Back to school and gay
By Jason Dilts
Gayly Homo on the Range Columnist
It isn’t words that matter so much; it’s the meaning behind them. Intentions add definition, giving profound significance to expressions.
“That’s so gay.” “Dude, you’re a fag.” “Queer!” “Faggot!” “Fudge-packer.” “Dyke.”
Those are among the more common phrases verbally bandied about in the halls of schools across America. They may seem like simple words, but the context behind them is what cuts deep. Each time we hear them, we feel a little less human.
Recent headlines show just how deep they cut. There’s a study that was just released by the Centers for Disease Control and Prevention that finds gay, lesbian, and bisexual U.S. high school students are more likely than heterosexual students to engage in self-destructive behaviors such as disordered eating, smoking, drug use, and excessive alcohol consumption. Some might point to this as evidence of a moral decay inherent with homosexuality, but doing so dismisses a larger truth.
A different study done on the same population revealed that LGBT youth were nearly two times as likely than their straight peers to be bullied in school as well as be sexually and physical harassed. They also make up about 1/3 of all teen suicide cases. When darts of venom are thrown our way, we tend to internalize their poison. Negativity gets projected onto us from the corner of someone else’s insecurity. As a result, we emulate behaviors that bring us down farther than any attack someone else could launch.
When I was a sophomore, going to high school felt more like entering a battle field than it did an institution of learning. More people referred to me as “faggot” than they did “Jason.” Navigating the hallways in between classes was a treacherous journey full of spit wads, back slaps, and violent threats. The bathroom was a dangerous place; I was assaulted there early in the school year and learned to just hold it in. The gym was even worse. To me, P.E. stood for “physical endangerment.” There was a boy in my class who had an odd fascination with my sexuality. His name was Anthony. He made a mockery of my identity in the locker room with lewdly bombastic sexual gestures that made many of the other guys roll with laughter. The day he sexually assaulted me was no laughing matter, though. That was the day I began to internalize the poison; it got deep into my bloodstream.
My mind had been trained to view each day as a battle when I was an adolescent. I suppose it’s natural that I went to war with myself as an adult. After that incident, I became shackled by shame. Negative self-talk permeated my idle thoughts. My body became an inconvenient orifice I was forced to live in. Life became a chore I had to get through. I entered politics as a way of fighting back. Every electoral victory I could achieve on behalf of gay rights was a punch in the stomach to Anthony.
There comes a point, though, where you can either twist someone else’s knife deeper inside yourself, or choose to pull it out for your own relief. When you stare down negativity, it runs away.
My ordeal happened in 1999. Much of the bullying I was subjected to was viewed as a normal rite of passage. Yes, it HAS gotten better. Today, you can download You Tube vides of the President of the United States and just about every celebrity telling you to hang in there. It might seem trite, but those videos are lifelines to more people that you realize.
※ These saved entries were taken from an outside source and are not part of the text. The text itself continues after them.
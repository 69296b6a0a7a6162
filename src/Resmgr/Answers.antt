-- ===== src/Resmgr/Answers.antt =====
-- The handlers answer from every valid session, and leave one.
use qnx_unit_tests.Base.{ℕ, List, [], ◌∷◌, ◌&&◌, ◌==◌, ◌!=◌, bit_and}
use qnx_unit_tests.Types.{Qid}
use qnx_unit_tests.Transport.{Transport, Errno, neg32}
use qnx_unit_tests.Session.Ops.{walk, open_fid, get_attr, create, walk_parent}
use qnx_unit_tests.Session.Keeps.{IsBounded, pure-Keeps, bind-Keeps, if-Keeps}
use qnx_unit_tests.Session.Answers.{Answers, session-Answers}
use qnx_unit_tests.Resmgr.{
  Virtio9pOcb, Qnx, Opening, refused, opened, has, no_stat, clunk_then, open_existing,
  create_missing, open_path, finish_open, open_action, stat_action, mknod_action, unlink_flags,
  unlink_action, rename_action, path_or_root, stripped,
}

module _ {S : Type 0} (t : Transport S) (e : Errno) (bound : IsBounded t) where
  no_qid : Qid
  no_qid = no_stat.qid

  walks : (path : List ℕ) → Answers t e bound (walk t e path)
  walks path = (session-Answers t e bound 0 0 0 0 0 0 [] path [] no_qid no_stat).1

  parents : (path : List ℕ) → Answers t e bound (walk_parent t e path 0)
  parents path = (session-Answers t e bound 0 0 0 0 0 0 [] path [] no_qid no_stat).2

  opens : (fid flags : ℕ) → Answers t e bound (open_fid t e fid flags 0)
  opens fid flags = (session-Answers t e bound fid 0 flags 0 0 0 [] [] [] no_qid no_stat).3

  attrs : (fid : ℕ) → Answers t e bound (get_attr t e fid no_stat)
  attrs fid = (session-Answers t e bound fid 0 0 0 0 0 [] [] [] no_qid no_stat).4

  clunks : {A : Type 0} (fid : ℕ) (a : A) → Answers t e bound (clunk_then t e fid a)
  clunks fid a =
      bind-Keeps (session-Answers t e bound fid 0 0 0 0 0 [] [] [] no_qid no_stat).5
        λ rc v. pure-Keeps a tt

  creates :
      (fid flags mode gid : ℕ) (name : List ℕ) (out : Qid × ℕ)
      → Answers t e bound (create t e fid name flags mode gid out)
  creates fid flags mode gid name (qid, out) =
      (session-Answers t e bound fid gid flags mode 0 out name [] [] qid no_stat).7

  open_existing-Answers : (fid flags : ℕ) → Answers t e bound (open_existing t e fid flags)
  unfolding open_existing
  open_existing-Answers fid flags = bind-Keeps (opens fid flags) λ (rc, iounit) v.
      if-Keeps (rc != 0) (clunks fid _) (bind-Keeps (attrs fid) λ (rc', stat) v'. pure-Keeps _ tt)

  create_missing-Answers :
      (path : List ℕ) (flags : ℕ) → Answers t e bound (create_missing t e path flags)
  unfolding create_missing
  create_missing-Answers path flags = bind-Keeps (parents path) λ (rc, fid, name) v.
      if-Keeps (rc != 0) (pure-Keeps _ tt) (
        bind-Keeps (creates fid _ _ _ name _)
          λ (rc', (qid, iounit)) v'. if-Keeps (rc' != 0) (clunks fid _) (pure-Keeps _ tt))

  open_path-Answers :
      (qnx : Qnx) (path : List ℕ) (ioflag : ℕ) → Answers t e bound (open_path t e qnx path ioflag)
  unfolding open_path
  open_path-Answers qnx path ioflag = bind-Keeps (walks path) λ (rc, fid) v.
      if-Keeps (rc == 0) (open_existing-Answers fid _) (
        if-Keeps (rc == neg32 e.enoent && has ioflag qnx.o_creat) (create_missing-Answers path _)
          (pure-Keeps _ tt))

  finish_open-Answers :
      (qnx : Qnx) (ioflag : ℕ) (o : Opening) → Answers t e bound (finish_open t e qnx ioflag o)
  unfolding finish_open
  finish_open-Answers qnx ioflag (refused code) = pure-Keeps _ tt
  finish_open-Answers qnx ioflag (opened fid iounit is_dir stat) =
      if-Keeps ((qnx.open_default stat.mode (stripped t e qnx ioflag)).0 != 0) (clunks fid _)
        (pure-Keeps _ tt)

  mknod-Answers :
      (qnx : Qnx) (path : List ℕ) (mode : ℕ) → Answers t e bound (mknod_action t e qnx path mode)
  unfolding mknod_action
  mknod-Answers qnx [] mode = pure-Keeps _ tt
  mknod-Answers qnx (c ∷ cs) mode =
      if-Keeps (qnx.s_isdir mode)
        (bind-Keeps (parents (c ∷ cs)) λ (rc, fid, name) v. if-Keeps (rc != 0) (pure-Keeps _ tt) (
          bind-Keeps
            (session-Answers t e bound fid 0 0 (bit_and mode 0x1ff) 0 0 name [] [] no_qid no_stat).8
            λ rc' v'. clunks fid _))
        (pure-Keeps _ tt)

  unlink_flags-Answers : (path : List ℕ) → Answers t e bound (unlink_flags t e path)
  unfolding unlink_flags
  unlink_flags-Answers path = bind-Keeps (walks path) λ (rc, fid) v.
      if-Keeps (rc == 0) (bind-Keeps (attrs fid) λ (rc', stat) v'. clunks fid _) (pure-Keeps _ tt)

  unlink-Answers : (path : List ℕ) → Answers t e bound (unlink_action t e path)
  unfolding unlink_action
  unlink-Answers [] = pure-Keeps _ tt
  unlink-Answers (c ∷ cs) = bind-Keeps (parents (c ∷ cs)) λ (rc, fid, name) v.
      if-Keeps (rc != 0) (pure-Keeps _ tt) (
        bind-Keeps (unlink_flags-Answers (c ∷ cs)) λ flags v'.
          bind-Keeps (session-Answers t e bound fid 0 flags 0 0 0 name [] [] no_qid no_stat).9
            λ rc' v''. clunks fid _)

  rename-Answers : (path new_path : List ℕ) → Answers t e bound (rename_action t e path new_path)
  unfolding rename_action
  rename-Answers [] new_path = pure-Keeps _ tt
  rename-Answers (c ∷ cs) new_path = bind-Keeps (parents (c ∷ cs)) λ (rc, old, name) v.
      if-Keeps (rc != 0) (pure-Keeps _ tt) (
        bind-Keeps (parents new_path) λ (rc', new, name') v'. if-Keeps (rc' != 0) (clunks old _) (
          bind-Keeps (session-Answers t e bound old new 0 0 0 0 name name' [] no_qid no_stat).10
            λ rc'' v''.
              bind-Keeps (session-Answers t e bound old 0 0 0 0 0 [] [] [] no_qid no_stat).5
                λ rc3 v3. clunks new _))

  -- Over a transport whose responses are at most 2 GiB, from every session that is not being
  -- re-initialized and whose counters and message size are in range, and whatever the server and iofunc
  -- answer: the bodies of the handlers of open, stat, mknod, unlink, rename and close return, read
  -- nothing outside of a response, and leave such a session.
  pub handlers-Answers :
      (qnx : Qnx) (path new_path : List ℕ) (ioflag mode code : ℕ) (ocb : Virtio9pOcb)
      → Answers t e bound (open_action t e qnx path ioflag)
        × Answers t e bound (stat_action t e ocb)
        × Answers t e bound (mknod_action t e qnx path mode)
        × Answers t e bound (unlink_action t e path)
        × Answers t e bound (rename_action t e path new_path)
        × Answers t e bound (clunk_then t e ocb.fid code)
  unfolding open_action stat_action
  handlers-Answers qnx path new_path ioflag mode code ocb = (
    bind-Keeps (open_path-Answers qnx (path_or_root t e path) ioflag)
        λ o v. finish_open-Answers qnx ioflag o,
    bind-Keeps (attrs ocb.fid) λ (rc, stat) v. pure-Keeps _ tt,
    mknod-Answers qnx path mode,
    unlink-Answers path,
    rename-Answers path new_path,
    clunks ocb.fid code,
  )
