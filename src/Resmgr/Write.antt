-- ===== src/Resmgr/Write.antt =====
-- IoWrite of resmgr/fs_virtio9p.cpp. The client's message is what the receive buffer holds of it behind
-- the header, and resmgr_msgread for the rest.
use qnx_unit_tests.Base.{
  ℕ, zero, suc, ◌+◌, ◌-◌, ◌%◌, ◌^◌, List, [], ◌++◌, Option, Bool, ltb, leb, ◌==◌, ◌!=◌,
  if◌then◌else◌, length, take, drop, Result, ok, fault, stuck,
}
use qnx_unit_tests.Types.{max_message_size}
use qnx_unit_tests.Transport.{Transport, Errno, neg32, is_negative}
use qnx_unit_tests.Session.{Session, Act, pure, ◌>>=◌}
use qnx_unit_tests.Session.Ops.{write}
use qnx_unit_tests.Resmgr.{Virtio9pOcb, with_session}

-- `msg->i.xtype & _IO_XTYPE_MASK`, with the offset of _IO_XTYPE_OFFSET.
pub data Xtype : Type 0 where
  plain other : Xtype
  at_offset : ℕ → Xtype

-- The bytes that resmgr_msgread brings, or the errno that it leaves.
pub data Msgread : Type 0 where
  failed : ℕ → Msgread
  brought : List ℕ → Msgread

pub record WriteMsg : Type 0 where
  pub nbytes : ℕ
  pub xtype : Xtype
  pub ctp_offset : ℕ
  pub msglen : ℕ
  pub received : List ℕ
  pub msgread : ℕ → ℕ → Msgread

-- sizeof(io_write_t) and sizeof(struct _xtype_offset)
pub record Sizes : Type 0 where
  pub io_write : ℕ
  pub xtype_offset : ℕ

-- The end of the loop: a return of a code, or `total_written`.
pub data Ending : Type 0 where
  failed_with : ℕ → Ending
  wrote : ℕ → Ending

abbrev pub header_size_of : Sizes → Xtype → ℕ
header_size_of sizes (at_offset o) = sizes.io_write + sizes.xtype_offset
header_size_of sizes plain = sizes.io_write
header_size_of sizes other = sizes.io_write

-- The bytes of the data that the receive buffer holds.
unfoldable pub inline_bytes : Sizes → WriteMsg → ℕ
inline_bytes sizes msg =
    let header_end = msg.ctp_offset + header_size_of sizes msg.xtype in
    let available = if ltb header_end msg.msglen then msg.msglen - header_end else 0 in
    if ltb available msg.nbytes then available else msg.nbytes

abbrev pub chunk_size : Virtio9pOcb → ℕ
chunk_size ocb = if ltb 0 ocb.iounit then ocb.iounit else max_message_size - 128

-- `a < b` of two off_t.
abbrev pub less_signed : ℕ → ℕ → Bool
less_signed a b = ltb ((a + 2 ^ 63) % 2 ^ 64) ((b + 2 ^ 63) % 2 ^ 64)

module _ {S : Type 0} (sizes : Sizes) (msg : WriteMsg) (chunk : ℕ)
    (send : ℕ → List ℕ → Act S ℕ) where
  unfoldable pub to_write : ℕ → ℕ
  to_write total = if ltb chunk (msg.nbytes - total) then chunk else msg.nbytes - total

  -- How much of a chunk is copied from the receive buffer.
  unfoldable pub copied_inline : ℕ → ℕ
  copied_inline total =
      let inline = inline_bytes sizes msg in
      if ltb total inline
      then (if ltb (to_write total) (inline - total) then to_write total else inline - total)
      else 0

  -- memcpy(buf.data(), inline_data + total_written, copied)
  abbrev pub copy_inline : ℕ → ℕ → Act S (List ℕ)
  copy_inline total zero s = ok ([], s)
  copy_inline total (suc n) s =
      if leb (total + suc n) (length msg.received)
      then ok (take (suc n) (drop total msg.received), s)
      else fault

  -- The second part of a chunk, from the client.
  abbrev pub fetch : ℕ → ℕ → Msgread
  fetch total copied =
      if ltb copied (to_write total)
      then msg.msgread (to_write total - copied)
          (msg.ctp_offset + header_size_of sizes msg.xtype + total + copied)
      else brought []

  -- What follows Write: the rest of the loop is `again`, for the new `total_written`.
  abbrev pub after_write : (ℕ → Act S Ending) → ℕ → ℕ → ℕ → Act S Ending
  after_write again total copied written =
      if is_negative written
      then pure (failed_with (neg32 written))
      else if ltb written copied
      then pure (wrote ((total + written) % 2 ^ 32))
      else again ((total + written) % 2 ^ 32)

  -- The chunk that Write is called with, after the copy of its first part.
  abbrev pub send_chunk : (ℕ → Act S Ending) → ℕ → ℕ → List ℕ → Msgread → Act S Ending
  send_chunk again offset total first (failed code) = pure (failed_with code)
  send_chunk again offset total first (brought second) = do
    written ← send ((offset + total) % 2 ^ 64) (first ++ second)
    after_write again total (length (first ++ second)) written

  -- One round of the loop.
  abbrev pub round : (ℕ → Act S Ending) → ℕ → ℕ → Act S Ending
  round again offset total = do
    first ← copy_inline total (copied_inline total)
    send_chunk again offset total first (fetch total (length first))

  -- The loop, for at most `fuel` rounds.
  unfoldable pub write_loop : ℕ → ℕ → ℕ → Act S Ending
  unfolding inline_bytes to_write copied_inline
  write_loop zero offset total s = stuck
  write_loop (suc fuel) offset total s =
      if ltb total msg.nbytes
      then round (write_loop fuel offset) offset total s
      else ok (wrote total, s)

-- What IoWrite returns: a code, or EOK with the number of bytes for the client.
pub data WriteReply : Type 0 where
  code : ℕ → WriteReply
  count : ℕ → WriteReply

abbrev pub offset_of : Xtype → ℕ → ℕ
offset_of (at_offset o) seq = o
offset_of plain seq = seq
offset_of other seq = seq

-- The sequential offset stays for a pwrite.
abbrev pub next_offset : Xtype → ℕ → ℕ → ℕ
next_offset (at_offset o) seq total = seq
next_offset plain seq total = (seq + total) % 2 ^ 64
next_offset other seq total = (seq + total) % 2 ^ 64

abbrev pub finish_write : Xtype → Virtio9pOcb → Ending → WriteReply × Virtio9pOcb
finish_write xtype ocb (failed_with c) = (code c, ocb)
finish_write xtype ocb (wrote total) =
    let end = (offset_of xtype ocb.offset + total) % 2 ^ 64 in
    (
      count total,
      record ocb {
        offset = next_offset xtype ocb.offset total;
        file_nbytes = if less_signed ocb.file_nbytes end then end else ocb.file_nbytes;
      },
    )

module _ {S : Type 0} (t : Transport S) (e : Errno) (sizes : Sizes) where
  -- The write of a message that has bytes, with the way its offset is given.
  unfoldable pub write_by : ℕ → WriteMsg → Virtio9pOcb → Xtype → Act S (WriteReply × Virtio9pOcb)
  unfolding write_loop
  write_by fuel msg ocb other = pure (code e.enosys, ocb)
  write_by fuel msg ocb xtype = do
    ending ←
        write_loop sizes msg (chunk_size ocb) (write t e ocb.fid) fuel (offset_of xtype ocb.offset)
          0
    pure (finish_write xtype ocb ending)

  -- `verified` is what iofunc_write_verify returns; EOK is 0.
  unfoldable pub write_action : ℕ → ℕ → WriteMsg → Virtio9pOcb → Act S (WriteReply × Virtio9pOcb)
  unfolding write_by
  write_action fuel verified msg ocb =
      if verified != 0
      then pure (code verified, ocb)
      else if msg.nbytes == 0
      then pure (count 0, ocb)
      else write_by fuel msg ocb msg.xtype

  abbrev pub io_write :
      ℕ
      → ℕ
      → WriteMsg
      → Virtio9pOcb
      → Option (Session S)
      → Result ((WriteReply × Virtio9pOcb) × Option (Session S))
  io_write fuel verified msg ocb =
      with_session t e (code e.enosys, ocb) (write_action fuel verified msg ocb)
Some of us are still in the trials of navigating hostile terrain at school. Many of us have long graduated. The wounds cut deep regardless. We cannot underestimate the power of words. We can only redefine their meaning by living a life of authenticity and integrity. The more of us who are out, the less we’re likely to heard these harsh verbal insults. It becomes increasingly hard to marginalize people when they aren’t on the fringes anymore!
I’m sure that many of you have your own war stories to tell. We all have our own shame to contend with. I hope that you allow your own negative energy to be released. You deserve to live a life of deep meaning, not deep pain.